EXERCISE DESCRIPTION: Show the lines below that contain the string "arith".

[Stored items]

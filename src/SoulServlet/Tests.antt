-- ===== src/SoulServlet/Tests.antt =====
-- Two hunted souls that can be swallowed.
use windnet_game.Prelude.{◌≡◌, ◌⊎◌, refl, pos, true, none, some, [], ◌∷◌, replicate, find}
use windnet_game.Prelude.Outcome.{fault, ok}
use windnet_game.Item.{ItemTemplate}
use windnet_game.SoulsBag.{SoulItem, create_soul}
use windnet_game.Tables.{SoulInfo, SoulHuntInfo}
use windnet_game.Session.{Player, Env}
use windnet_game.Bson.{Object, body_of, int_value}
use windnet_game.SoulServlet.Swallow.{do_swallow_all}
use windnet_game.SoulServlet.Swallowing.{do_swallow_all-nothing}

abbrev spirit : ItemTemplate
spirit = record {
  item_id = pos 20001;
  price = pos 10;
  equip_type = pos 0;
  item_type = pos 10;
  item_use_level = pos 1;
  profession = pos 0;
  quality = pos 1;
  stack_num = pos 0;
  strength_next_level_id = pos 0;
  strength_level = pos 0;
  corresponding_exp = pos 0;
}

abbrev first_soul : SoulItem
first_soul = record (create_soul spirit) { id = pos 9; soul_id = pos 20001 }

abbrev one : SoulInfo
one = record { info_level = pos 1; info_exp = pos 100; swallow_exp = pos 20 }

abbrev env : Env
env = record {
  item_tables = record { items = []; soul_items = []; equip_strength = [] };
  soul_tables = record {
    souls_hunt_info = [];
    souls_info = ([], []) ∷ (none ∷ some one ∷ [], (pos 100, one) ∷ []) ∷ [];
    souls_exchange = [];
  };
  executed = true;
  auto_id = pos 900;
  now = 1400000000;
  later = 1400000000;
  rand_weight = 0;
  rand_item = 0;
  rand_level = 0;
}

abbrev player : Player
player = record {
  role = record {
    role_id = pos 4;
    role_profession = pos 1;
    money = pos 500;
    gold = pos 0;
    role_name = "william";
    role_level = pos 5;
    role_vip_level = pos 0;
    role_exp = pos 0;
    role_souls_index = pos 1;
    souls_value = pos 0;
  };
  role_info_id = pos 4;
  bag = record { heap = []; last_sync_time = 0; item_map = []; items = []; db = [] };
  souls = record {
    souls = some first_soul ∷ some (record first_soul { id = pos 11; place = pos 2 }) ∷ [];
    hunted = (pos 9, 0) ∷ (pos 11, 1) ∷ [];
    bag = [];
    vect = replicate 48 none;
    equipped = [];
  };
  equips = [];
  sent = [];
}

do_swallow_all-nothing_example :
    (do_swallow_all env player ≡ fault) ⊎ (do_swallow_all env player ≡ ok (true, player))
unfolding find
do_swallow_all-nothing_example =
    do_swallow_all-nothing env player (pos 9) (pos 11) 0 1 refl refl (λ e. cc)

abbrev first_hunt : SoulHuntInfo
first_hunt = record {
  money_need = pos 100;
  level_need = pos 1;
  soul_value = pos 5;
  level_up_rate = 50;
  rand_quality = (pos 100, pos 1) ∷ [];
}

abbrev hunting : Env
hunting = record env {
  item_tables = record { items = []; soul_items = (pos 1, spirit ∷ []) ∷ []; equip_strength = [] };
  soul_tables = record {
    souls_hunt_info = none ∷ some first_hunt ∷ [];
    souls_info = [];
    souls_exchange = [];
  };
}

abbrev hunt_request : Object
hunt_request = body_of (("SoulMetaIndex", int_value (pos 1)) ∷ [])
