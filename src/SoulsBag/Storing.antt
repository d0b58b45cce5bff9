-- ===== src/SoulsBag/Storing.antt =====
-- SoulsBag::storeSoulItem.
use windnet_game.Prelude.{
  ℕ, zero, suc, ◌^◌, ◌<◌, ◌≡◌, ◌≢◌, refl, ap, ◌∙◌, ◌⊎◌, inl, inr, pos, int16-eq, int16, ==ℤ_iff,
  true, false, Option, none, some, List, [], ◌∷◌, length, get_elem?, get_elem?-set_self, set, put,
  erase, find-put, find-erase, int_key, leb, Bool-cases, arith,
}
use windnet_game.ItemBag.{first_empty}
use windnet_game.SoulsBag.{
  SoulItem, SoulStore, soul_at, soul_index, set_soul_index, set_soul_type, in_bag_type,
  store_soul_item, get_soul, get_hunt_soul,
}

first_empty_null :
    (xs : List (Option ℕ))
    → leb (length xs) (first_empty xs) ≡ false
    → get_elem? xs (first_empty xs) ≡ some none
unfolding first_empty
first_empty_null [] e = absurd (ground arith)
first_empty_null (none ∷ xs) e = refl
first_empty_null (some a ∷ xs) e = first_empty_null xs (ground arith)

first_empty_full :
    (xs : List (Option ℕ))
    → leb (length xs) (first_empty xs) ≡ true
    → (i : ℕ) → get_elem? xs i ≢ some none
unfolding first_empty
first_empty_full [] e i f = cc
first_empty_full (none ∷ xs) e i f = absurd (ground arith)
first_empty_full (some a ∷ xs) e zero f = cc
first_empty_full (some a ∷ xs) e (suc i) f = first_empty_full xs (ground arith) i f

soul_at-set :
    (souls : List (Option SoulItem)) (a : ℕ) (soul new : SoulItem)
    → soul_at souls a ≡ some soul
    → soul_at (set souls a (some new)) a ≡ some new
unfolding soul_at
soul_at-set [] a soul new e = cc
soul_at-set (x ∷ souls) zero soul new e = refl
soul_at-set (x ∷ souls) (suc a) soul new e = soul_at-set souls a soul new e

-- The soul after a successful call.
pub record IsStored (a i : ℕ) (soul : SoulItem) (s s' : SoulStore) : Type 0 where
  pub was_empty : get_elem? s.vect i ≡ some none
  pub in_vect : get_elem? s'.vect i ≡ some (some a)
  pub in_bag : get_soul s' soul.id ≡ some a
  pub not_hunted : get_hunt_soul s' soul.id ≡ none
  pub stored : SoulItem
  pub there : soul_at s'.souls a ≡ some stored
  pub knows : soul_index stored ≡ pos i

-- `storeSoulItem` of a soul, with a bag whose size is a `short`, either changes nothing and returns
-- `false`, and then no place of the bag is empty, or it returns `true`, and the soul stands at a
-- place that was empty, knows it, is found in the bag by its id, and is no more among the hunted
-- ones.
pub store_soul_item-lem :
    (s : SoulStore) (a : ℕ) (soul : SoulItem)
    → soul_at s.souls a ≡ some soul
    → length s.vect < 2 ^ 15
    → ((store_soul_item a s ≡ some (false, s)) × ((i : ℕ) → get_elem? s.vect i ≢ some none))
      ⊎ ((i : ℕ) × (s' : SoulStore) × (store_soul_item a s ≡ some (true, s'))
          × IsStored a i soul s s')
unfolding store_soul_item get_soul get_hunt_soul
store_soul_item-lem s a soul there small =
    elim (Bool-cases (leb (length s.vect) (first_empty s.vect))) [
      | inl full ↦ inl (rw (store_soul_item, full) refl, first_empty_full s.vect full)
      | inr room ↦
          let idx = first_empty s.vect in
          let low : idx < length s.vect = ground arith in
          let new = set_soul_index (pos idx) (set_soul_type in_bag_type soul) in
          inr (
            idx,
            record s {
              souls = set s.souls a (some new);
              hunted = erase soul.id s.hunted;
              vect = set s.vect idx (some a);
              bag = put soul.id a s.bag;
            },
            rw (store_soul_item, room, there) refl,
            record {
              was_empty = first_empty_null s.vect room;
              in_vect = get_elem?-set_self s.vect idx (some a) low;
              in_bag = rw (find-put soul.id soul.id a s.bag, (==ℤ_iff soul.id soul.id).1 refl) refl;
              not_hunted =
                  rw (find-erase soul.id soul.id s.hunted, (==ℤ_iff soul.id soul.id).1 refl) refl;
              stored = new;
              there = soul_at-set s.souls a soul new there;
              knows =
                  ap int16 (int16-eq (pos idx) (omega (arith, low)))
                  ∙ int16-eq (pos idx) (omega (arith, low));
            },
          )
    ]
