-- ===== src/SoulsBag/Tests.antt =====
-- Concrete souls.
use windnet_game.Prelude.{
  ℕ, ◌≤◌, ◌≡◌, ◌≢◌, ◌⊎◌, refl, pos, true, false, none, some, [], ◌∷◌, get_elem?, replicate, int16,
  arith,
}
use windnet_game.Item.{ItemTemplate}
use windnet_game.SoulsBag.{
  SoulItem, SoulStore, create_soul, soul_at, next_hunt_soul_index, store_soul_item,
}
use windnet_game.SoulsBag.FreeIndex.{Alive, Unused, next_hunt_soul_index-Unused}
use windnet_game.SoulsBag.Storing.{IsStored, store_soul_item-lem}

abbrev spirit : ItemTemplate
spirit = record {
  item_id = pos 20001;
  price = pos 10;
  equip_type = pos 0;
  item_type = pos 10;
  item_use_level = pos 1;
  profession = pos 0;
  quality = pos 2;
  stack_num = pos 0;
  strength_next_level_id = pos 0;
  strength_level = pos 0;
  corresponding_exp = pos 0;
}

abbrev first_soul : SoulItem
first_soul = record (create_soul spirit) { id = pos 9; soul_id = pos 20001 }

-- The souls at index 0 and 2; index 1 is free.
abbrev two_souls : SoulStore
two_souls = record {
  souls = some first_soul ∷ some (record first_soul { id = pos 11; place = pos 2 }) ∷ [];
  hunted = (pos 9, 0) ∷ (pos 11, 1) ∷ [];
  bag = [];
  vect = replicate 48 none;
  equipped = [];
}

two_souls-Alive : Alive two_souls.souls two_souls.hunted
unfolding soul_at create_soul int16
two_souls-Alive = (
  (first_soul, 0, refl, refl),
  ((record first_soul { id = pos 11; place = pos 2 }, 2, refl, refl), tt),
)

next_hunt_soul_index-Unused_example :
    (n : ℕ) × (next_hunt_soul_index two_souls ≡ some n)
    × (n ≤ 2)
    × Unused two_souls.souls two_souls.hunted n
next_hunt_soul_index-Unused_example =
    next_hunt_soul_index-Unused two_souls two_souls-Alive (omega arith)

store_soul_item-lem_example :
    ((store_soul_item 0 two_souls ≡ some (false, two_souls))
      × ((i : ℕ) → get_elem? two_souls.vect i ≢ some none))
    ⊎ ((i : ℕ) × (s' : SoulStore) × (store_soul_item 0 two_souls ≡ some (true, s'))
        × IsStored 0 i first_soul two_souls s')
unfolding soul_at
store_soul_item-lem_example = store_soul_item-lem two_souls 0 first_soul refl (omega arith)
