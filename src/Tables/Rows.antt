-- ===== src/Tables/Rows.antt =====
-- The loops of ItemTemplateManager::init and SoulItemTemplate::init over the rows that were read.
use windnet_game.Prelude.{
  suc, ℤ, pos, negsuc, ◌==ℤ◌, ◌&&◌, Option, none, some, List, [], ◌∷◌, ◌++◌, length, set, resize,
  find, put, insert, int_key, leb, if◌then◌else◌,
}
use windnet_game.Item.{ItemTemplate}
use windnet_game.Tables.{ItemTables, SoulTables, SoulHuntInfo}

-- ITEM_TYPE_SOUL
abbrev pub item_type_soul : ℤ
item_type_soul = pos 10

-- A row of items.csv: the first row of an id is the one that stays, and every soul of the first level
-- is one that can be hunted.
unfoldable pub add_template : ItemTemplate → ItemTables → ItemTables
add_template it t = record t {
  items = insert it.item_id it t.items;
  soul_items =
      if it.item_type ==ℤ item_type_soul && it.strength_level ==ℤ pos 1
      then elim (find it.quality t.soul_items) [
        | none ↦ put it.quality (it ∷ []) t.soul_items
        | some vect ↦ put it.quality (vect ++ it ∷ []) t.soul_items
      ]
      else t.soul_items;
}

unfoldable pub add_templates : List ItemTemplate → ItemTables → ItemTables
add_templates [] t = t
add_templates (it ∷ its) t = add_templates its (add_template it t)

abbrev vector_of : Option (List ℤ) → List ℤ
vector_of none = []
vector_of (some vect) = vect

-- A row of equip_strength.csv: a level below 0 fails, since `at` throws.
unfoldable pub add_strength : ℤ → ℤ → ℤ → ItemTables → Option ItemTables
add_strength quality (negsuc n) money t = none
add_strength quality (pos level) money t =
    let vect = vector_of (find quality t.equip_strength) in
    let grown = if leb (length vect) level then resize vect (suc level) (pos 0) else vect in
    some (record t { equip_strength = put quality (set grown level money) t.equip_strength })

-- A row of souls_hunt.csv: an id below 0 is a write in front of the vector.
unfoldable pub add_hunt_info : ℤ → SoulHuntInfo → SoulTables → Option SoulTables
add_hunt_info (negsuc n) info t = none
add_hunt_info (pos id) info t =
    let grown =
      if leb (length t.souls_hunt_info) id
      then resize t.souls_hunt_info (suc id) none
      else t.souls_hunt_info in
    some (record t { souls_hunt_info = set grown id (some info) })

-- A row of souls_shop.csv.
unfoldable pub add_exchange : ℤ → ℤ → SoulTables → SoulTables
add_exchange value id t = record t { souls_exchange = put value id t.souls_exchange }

ANSWER TO THE PROBLEM:
  erase, find-put, find-erase, int_key, leb, Bool-cases, arith,
first_empty_null [] e = absurd (ground arith)
first_empty_null (some a ∷ xs) e = first_empty_null xs (ground arith)
first_empty_full (none ∷ xs) e i f = absurd (ground arith)
first_empty_full (some a ∷ xs) e (suc i) f = first_empty_full xs (ground arith) i f
          let low : idx < length s.vect = ground arith in
                  ap int16 (int16-eq (pos idx) (omega (arith, low)))
                  ∙ int16-eq (pos idx) (omega (arith, low));
  arith,
    next_hunt_soul_index-Unused two_souls two_souls-Alive (omega arith)
store_soul_item-lem_example = store_soul_item-lem two_souls 0 first_soul refl (omega arith)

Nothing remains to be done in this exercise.